**WORK TO BE COMPLETED**
Quote exactly, and only, the lines of the material below from the line with "-- schemas and" through the line with "-- ===== src/Server/Ages.antt".
───── RECORDS FOR THIS TASK
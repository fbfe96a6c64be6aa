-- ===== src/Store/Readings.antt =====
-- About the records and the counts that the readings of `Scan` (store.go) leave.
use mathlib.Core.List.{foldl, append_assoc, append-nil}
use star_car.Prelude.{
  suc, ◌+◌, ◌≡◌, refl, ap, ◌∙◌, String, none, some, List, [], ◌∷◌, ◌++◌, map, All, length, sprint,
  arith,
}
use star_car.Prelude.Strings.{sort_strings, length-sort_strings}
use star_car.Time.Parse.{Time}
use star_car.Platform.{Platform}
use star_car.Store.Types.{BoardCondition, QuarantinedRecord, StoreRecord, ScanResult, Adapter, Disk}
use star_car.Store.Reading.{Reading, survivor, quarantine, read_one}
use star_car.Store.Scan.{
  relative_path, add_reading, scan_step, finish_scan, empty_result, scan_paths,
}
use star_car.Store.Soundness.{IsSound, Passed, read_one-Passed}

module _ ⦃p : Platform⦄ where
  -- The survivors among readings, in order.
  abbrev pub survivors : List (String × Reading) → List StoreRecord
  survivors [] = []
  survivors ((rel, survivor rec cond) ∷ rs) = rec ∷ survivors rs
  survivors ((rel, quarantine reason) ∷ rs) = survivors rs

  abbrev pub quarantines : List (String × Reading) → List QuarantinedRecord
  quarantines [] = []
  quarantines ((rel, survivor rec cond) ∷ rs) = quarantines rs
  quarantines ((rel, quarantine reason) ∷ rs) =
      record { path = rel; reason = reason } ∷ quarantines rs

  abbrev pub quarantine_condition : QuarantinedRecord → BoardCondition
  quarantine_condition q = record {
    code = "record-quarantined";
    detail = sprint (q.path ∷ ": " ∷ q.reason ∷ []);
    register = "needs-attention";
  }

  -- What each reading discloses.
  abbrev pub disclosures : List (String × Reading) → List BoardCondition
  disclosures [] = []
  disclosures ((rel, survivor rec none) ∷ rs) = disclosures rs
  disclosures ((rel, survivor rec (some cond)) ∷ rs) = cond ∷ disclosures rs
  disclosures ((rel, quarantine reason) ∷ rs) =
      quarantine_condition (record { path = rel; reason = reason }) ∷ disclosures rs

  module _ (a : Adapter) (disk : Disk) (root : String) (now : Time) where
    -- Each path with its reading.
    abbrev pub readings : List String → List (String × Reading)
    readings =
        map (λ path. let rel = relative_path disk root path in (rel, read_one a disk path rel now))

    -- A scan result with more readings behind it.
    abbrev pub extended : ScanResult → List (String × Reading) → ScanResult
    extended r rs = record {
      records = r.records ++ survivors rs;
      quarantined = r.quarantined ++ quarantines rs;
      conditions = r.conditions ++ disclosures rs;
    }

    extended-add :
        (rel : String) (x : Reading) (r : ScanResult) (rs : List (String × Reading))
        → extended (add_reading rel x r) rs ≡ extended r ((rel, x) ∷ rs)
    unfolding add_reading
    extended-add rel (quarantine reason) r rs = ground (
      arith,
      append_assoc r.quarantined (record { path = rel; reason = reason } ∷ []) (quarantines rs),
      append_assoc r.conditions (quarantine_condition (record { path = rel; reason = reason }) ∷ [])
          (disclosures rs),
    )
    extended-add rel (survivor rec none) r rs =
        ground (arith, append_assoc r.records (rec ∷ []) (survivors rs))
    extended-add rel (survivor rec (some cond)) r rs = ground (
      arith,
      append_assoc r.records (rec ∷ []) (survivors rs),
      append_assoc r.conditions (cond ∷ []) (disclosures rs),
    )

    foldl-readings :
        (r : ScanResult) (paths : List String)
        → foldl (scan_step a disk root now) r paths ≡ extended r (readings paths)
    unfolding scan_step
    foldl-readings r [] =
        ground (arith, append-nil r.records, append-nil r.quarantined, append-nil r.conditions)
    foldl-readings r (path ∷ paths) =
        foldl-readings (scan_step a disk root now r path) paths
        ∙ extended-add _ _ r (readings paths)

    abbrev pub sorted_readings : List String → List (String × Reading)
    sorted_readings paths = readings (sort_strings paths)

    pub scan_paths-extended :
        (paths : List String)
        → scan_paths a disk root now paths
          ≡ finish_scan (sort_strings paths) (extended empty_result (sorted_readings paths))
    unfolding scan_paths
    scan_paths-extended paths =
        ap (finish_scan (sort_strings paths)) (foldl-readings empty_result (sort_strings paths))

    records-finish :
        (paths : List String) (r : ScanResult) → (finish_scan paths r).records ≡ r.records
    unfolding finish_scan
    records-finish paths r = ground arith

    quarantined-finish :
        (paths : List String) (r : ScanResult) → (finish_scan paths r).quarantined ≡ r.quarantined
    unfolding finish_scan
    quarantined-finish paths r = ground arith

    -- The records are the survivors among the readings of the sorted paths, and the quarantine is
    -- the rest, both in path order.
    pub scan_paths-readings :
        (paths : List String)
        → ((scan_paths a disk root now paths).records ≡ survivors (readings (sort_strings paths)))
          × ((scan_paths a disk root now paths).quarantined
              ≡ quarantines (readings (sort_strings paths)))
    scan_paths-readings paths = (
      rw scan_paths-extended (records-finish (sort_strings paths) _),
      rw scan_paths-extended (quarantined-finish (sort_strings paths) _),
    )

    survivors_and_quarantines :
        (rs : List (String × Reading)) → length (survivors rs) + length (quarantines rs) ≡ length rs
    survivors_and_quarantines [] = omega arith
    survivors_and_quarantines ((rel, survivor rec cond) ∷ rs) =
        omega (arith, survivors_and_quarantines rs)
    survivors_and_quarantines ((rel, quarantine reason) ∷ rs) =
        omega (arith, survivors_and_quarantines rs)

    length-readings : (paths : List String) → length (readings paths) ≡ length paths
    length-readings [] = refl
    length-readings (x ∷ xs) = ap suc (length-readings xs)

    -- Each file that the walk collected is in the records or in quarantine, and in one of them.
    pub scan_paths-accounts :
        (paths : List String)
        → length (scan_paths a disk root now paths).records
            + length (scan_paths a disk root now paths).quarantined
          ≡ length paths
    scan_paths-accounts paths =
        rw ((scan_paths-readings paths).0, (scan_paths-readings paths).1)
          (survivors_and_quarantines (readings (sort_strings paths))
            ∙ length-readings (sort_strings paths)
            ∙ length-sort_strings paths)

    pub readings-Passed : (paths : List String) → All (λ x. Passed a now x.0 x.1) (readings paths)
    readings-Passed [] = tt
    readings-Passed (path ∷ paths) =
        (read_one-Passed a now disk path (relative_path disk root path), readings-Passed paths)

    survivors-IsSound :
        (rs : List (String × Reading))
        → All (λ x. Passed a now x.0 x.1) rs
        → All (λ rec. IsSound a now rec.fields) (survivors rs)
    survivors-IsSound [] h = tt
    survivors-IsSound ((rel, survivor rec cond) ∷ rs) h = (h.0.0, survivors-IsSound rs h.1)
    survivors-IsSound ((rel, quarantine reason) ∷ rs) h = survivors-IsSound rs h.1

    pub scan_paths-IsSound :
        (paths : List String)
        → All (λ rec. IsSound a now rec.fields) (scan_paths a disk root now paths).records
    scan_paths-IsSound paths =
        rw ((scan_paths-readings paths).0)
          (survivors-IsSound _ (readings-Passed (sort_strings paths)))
──────────
───── RECORDS FOR THIS TASK
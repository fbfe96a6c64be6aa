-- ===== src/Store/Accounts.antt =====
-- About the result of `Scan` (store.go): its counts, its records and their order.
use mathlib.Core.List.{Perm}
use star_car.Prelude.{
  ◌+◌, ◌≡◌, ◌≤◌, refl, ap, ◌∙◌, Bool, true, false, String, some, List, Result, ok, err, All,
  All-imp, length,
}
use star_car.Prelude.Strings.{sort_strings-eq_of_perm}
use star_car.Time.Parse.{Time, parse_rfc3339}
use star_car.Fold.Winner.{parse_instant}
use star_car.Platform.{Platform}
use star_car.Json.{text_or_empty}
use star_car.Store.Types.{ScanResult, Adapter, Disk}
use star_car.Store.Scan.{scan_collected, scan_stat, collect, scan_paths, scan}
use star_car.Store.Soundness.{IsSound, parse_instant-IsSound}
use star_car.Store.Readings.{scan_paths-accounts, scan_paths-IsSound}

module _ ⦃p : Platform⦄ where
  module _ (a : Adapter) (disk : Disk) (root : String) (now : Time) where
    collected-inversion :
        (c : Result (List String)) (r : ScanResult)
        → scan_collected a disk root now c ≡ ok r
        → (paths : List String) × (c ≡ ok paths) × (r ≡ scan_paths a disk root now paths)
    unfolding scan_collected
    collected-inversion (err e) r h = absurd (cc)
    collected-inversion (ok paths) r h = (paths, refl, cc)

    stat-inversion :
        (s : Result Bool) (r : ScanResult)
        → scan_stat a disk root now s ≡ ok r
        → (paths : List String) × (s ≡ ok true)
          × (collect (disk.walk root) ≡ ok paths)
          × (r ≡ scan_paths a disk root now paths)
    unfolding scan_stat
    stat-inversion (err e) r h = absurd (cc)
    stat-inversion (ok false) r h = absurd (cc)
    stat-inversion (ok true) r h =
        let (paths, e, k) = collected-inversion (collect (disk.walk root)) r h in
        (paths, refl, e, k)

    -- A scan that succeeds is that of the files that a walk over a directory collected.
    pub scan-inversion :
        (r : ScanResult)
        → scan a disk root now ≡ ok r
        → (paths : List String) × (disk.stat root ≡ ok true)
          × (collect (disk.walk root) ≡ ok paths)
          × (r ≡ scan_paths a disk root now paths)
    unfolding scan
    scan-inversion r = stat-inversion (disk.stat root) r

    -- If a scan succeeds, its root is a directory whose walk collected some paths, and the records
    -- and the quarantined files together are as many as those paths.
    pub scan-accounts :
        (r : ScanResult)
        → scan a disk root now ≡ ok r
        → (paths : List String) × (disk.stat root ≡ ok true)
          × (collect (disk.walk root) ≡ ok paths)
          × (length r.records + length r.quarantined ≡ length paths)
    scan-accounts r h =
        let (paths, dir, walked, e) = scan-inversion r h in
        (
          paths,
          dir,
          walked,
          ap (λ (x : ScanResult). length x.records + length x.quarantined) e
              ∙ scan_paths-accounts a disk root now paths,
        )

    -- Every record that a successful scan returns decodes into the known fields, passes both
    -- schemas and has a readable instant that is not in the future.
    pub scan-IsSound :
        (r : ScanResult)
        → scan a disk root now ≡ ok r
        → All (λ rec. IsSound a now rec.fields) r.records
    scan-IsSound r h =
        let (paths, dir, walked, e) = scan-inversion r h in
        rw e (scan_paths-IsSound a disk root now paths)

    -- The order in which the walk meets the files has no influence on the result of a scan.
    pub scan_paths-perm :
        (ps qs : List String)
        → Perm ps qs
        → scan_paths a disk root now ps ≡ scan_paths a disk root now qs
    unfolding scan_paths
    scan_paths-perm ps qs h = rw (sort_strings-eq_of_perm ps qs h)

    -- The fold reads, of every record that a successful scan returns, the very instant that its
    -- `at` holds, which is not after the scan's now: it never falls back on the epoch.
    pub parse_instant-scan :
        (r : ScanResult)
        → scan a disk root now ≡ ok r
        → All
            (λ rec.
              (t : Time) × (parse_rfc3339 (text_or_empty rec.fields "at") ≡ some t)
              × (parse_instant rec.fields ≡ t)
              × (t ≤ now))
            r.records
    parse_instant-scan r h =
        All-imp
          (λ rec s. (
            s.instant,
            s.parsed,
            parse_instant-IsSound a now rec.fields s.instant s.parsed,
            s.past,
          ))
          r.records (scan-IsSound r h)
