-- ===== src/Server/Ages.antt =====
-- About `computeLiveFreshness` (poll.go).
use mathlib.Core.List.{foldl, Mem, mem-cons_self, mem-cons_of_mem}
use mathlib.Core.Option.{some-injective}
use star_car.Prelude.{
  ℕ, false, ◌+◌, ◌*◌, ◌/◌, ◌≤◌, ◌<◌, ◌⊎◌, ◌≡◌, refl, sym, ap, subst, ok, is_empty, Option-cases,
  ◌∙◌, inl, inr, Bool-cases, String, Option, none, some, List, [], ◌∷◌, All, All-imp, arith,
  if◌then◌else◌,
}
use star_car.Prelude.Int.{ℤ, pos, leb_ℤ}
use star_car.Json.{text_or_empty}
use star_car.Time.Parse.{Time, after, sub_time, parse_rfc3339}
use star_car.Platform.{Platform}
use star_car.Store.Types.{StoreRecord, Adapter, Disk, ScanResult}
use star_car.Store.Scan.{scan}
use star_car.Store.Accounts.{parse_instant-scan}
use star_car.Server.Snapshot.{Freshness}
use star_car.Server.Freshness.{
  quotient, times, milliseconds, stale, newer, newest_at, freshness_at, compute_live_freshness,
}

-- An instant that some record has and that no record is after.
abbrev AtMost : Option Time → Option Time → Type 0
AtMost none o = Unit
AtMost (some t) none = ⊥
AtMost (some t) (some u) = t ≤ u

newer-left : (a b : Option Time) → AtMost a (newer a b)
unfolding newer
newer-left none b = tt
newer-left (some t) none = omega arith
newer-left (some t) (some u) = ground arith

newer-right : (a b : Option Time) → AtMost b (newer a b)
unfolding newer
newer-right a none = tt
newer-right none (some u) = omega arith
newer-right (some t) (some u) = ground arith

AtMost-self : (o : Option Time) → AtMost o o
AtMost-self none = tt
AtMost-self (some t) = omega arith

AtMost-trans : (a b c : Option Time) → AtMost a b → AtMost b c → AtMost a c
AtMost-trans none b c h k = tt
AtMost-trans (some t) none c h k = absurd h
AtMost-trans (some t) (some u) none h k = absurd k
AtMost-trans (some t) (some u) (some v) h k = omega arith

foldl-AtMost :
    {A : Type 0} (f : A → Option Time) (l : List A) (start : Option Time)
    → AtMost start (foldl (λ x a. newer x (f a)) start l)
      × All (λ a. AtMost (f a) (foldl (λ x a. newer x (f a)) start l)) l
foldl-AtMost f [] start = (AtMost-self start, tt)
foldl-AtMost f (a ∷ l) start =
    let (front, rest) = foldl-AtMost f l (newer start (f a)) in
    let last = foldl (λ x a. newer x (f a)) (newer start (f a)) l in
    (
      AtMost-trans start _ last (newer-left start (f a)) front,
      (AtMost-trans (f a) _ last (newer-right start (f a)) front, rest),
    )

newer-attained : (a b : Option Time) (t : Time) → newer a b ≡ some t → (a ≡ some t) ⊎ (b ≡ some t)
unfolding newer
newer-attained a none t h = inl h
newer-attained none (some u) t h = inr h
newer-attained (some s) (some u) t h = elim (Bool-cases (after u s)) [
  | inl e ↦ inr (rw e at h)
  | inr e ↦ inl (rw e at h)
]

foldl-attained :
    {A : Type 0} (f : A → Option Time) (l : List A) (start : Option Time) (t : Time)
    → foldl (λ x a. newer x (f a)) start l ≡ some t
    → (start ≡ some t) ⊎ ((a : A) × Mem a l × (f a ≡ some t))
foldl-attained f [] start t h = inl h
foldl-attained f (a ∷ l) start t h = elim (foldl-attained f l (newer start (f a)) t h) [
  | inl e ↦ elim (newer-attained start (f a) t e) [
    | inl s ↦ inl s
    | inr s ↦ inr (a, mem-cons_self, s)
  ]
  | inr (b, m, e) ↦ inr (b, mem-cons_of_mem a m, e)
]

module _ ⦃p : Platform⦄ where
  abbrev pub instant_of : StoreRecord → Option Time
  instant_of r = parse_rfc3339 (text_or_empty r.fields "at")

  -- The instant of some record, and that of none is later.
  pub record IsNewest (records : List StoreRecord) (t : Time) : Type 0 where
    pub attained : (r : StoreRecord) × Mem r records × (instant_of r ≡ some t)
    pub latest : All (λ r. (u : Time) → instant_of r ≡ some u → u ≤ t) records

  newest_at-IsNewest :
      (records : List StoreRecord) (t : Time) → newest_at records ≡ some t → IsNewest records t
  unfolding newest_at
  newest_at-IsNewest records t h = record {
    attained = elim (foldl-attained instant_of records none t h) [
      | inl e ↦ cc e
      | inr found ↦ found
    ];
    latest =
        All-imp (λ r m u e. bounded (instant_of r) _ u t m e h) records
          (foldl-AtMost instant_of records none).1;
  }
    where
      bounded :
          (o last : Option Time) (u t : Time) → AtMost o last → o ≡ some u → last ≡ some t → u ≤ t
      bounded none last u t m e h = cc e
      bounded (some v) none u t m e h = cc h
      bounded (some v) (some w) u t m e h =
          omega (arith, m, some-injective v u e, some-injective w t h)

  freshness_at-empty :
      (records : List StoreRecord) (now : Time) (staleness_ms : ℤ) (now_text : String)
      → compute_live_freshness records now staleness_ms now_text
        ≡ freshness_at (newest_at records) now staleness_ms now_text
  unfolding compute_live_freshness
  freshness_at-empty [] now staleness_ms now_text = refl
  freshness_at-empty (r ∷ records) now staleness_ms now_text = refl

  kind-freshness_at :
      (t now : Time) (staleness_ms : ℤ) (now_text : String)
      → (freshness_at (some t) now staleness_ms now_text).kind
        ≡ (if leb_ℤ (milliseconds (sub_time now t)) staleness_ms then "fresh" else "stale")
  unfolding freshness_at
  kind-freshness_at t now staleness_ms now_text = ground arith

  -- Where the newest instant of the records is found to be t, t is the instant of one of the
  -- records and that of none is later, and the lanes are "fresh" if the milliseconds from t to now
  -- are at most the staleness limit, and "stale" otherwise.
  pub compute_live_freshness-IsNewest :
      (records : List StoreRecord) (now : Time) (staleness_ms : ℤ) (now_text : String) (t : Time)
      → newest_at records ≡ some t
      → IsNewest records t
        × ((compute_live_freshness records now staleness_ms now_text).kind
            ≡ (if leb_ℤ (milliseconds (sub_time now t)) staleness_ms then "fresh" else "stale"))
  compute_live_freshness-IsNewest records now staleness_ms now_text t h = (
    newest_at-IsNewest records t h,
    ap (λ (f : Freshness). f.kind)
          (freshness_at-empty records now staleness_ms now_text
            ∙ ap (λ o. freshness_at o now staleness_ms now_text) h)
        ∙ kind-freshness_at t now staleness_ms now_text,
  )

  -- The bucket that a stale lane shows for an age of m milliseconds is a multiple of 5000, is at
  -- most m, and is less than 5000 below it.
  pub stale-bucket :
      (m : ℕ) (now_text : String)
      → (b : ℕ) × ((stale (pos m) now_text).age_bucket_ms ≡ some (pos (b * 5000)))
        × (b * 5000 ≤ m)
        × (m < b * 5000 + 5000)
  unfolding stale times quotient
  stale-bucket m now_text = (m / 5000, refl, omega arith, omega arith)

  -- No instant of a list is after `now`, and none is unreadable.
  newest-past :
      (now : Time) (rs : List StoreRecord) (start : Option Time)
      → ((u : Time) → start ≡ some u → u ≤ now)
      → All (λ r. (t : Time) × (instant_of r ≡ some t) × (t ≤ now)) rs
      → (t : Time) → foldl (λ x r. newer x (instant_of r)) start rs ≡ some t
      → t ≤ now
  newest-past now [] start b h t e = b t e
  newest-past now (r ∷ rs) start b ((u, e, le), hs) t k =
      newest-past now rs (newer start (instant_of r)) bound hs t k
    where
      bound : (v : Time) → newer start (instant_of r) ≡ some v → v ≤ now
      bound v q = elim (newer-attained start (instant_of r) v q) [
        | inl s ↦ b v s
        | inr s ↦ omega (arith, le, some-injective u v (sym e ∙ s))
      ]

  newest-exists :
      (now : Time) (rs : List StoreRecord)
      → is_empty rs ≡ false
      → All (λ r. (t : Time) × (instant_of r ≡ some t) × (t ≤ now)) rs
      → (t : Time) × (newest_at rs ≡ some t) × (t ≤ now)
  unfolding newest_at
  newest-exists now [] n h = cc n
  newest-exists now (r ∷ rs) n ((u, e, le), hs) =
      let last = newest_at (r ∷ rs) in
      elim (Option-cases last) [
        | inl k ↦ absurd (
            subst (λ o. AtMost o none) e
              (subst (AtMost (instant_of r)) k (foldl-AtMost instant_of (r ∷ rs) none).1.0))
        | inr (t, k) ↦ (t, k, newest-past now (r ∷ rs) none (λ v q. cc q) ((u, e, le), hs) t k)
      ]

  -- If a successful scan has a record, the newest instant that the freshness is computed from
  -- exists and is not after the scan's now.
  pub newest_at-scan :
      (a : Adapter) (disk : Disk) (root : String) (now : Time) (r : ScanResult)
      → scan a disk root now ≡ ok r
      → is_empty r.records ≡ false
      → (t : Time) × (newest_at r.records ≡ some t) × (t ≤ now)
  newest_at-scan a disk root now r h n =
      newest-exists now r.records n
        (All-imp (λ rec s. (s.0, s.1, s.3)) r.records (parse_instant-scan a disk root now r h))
──────────
**RESPONSE TO THE TASK**
    -- schemas and has a readable instant that is not in the future.
    pub scan-IsSound :
        (r : ScanResult)
        → scan a disk root now ≡ ok r
        → All (λ rec. IsSound a now rec.fields) r.records
    scan-IsSound r h =
        let (paths, dir, walked, e) = scan-inversion r h in
        rw e (scan_paths-IsSound a disk root now paths)

    -- The order in which the walk meets the files has no influence on the result of a scan.
    pub scan_paths-perm :
        (ps qs : List String)
        → Perm ps qs
        → scan_paths a disk root now ps ≡ scan_paths a disk root now qs
    unfolding scan_paths
    scan_paths-perm ps qs h = rw (sort_strings-eq_of_perm ps qs h)

    -- The fold reads, of every record that a successful scan returns, the very instant that its
    -- `at` holds, which is not after the scan's now: it never falls back on the epoch.
    pub parse_instant-scan :
        (r : ScanResult)
        → scan a disk root now ≡ ok r
        → All
            (λ rec.
              (t : Time) × (parse_rfc3339 (text_or_empty rec.fields "at") ≡ some t)
              × (parse_instant rec.fields ≡ t)
              × (t ≤ now))
            r.records
    parse_instant-scan r h =
        All-imp
          (λ rec s. (
            s.instant,
            s.parsed,
            parse_instant-IsSound a now rec.fields s.instant s.parsed,
            s.past,
          ))
          r.records (scan-IsSound r h)
-- ===== src/Server/Ages.antt =====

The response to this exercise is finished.